### Task directions
Go through the listing and copy each line with the string "urlhero".

---------- Exercise inputs ----------

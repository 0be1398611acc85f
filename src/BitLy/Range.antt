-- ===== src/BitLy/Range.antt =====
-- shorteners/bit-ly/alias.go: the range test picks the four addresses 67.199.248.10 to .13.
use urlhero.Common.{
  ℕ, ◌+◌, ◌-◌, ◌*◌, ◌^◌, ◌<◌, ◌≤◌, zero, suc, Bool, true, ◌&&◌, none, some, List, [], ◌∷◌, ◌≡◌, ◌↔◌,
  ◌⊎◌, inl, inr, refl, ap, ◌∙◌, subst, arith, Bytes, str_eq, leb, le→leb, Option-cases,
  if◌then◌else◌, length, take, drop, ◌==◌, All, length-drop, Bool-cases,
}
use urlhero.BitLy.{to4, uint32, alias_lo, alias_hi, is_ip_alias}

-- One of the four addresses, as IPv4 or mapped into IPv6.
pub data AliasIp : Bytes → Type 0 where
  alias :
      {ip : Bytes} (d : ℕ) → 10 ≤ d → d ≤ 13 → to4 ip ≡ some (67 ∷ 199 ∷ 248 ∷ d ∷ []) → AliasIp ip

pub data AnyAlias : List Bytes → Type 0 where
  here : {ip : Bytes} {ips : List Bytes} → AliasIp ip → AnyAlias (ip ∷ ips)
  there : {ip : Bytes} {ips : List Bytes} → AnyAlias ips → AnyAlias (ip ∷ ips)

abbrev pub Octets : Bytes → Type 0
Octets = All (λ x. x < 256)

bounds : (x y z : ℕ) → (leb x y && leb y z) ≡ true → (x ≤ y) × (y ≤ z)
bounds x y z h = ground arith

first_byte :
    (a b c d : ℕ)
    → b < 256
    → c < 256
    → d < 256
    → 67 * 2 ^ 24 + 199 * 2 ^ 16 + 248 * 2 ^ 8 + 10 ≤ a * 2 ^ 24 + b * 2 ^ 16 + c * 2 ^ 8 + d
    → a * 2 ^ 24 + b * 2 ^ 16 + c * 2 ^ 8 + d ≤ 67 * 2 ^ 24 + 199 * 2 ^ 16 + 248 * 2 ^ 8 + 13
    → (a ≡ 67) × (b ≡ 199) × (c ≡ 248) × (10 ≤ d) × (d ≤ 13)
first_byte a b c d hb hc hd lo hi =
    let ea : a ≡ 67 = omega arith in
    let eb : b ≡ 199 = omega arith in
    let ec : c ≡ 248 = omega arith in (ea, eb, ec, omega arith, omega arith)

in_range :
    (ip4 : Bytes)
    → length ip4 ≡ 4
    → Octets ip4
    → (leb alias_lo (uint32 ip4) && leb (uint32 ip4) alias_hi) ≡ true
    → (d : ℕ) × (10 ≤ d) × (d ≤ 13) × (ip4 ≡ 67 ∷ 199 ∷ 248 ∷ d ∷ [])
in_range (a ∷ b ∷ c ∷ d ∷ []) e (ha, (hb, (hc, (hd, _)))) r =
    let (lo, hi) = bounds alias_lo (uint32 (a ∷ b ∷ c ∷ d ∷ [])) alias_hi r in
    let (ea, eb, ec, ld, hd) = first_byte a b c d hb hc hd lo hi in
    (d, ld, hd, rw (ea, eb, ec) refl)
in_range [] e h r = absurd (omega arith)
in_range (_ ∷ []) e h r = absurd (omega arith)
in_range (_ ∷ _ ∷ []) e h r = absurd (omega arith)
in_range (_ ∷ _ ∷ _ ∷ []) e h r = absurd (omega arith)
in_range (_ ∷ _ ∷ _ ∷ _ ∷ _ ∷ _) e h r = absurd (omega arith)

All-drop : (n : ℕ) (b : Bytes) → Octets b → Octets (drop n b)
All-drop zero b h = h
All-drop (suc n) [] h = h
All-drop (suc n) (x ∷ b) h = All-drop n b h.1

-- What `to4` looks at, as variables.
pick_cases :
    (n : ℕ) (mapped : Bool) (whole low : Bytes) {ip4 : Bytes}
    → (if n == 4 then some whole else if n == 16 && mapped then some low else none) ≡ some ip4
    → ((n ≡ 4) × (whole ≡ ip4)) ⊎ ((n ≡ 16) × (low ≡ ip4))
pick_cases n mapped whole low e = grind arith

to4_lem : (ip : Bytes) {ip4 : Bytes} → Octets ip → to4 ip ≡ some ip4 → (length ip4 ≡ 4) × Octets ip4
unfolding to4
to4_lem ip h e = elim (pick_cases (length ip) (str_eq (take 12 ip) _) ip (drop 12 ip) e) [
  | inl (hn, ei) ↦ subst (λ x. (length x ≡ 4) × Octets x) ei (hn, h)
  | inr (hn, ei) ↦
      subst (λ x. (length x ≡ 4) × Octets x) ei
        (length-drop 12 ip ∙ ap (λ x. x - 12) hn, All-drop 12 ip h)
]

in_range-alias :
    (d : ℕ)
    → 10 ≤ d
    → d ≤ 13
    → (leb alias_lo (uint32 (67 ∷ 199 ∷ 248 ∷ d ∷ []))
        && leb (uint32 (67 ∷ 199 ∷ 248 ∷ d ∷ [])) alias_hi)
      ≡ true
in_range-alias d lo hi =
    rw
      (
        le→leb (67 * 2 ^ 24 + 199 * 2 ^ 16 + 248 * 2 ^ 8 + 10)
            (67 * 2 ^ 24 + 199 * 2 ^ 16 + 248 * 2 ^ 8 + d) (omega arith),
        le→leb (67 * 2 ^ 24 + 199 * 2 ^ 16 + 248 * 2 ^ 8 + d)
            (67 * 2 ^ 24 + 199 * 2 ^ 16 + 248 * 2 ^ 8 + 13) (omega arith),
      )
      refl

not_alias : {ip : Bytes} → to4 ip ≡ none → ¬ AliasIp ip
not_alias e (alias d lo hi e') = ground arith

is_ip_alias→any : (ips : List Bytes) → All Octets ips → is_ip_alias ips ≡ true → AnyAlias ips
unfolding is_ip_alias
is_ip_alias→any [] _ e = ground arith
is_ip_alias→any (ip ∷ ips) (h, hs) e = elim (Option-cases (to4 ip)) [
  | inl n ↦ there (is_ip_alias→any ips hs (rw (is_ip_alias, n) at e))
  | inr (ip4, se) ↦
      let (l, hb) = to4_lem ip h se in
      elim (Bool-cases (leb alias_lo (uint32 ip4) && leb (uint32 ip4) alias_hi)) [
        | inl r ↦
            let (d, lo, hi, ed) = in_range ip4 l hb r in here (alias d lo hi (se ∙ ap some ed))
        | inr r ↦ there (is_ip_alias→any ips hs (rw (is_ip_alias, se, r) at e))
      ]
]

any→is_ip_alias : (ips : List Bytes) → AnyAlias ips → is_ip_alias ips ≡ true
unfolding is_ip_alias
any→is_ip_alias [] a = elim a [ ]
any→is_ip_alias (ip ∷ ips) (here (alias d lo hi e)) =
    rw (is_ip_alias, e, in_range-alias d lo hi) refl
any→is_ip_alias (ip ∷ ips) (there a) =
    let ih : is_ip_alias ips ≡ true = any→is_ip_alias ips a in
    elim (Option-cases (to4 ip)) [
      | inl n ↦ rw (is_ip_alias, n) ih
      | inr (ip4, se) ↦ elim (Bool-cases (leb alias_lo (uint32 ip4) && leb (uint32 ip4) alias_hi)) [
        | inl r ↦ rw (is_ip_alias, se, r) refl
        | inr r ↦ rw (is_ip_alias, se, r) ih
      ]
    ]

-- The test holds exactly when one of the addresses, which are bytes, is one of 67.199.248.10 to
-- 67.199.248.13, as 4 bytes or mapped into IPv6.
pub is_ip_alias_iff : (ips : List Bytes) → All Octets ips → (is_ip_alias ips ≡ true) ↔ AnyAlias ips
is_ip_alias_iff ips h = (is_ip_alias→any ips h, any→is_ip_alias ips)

----------

### Result of this exercise
use urlhero.Common.{
use urlhero.BitLy.{to4, uint32, alias_lo, alias_hi, is_ip_alias}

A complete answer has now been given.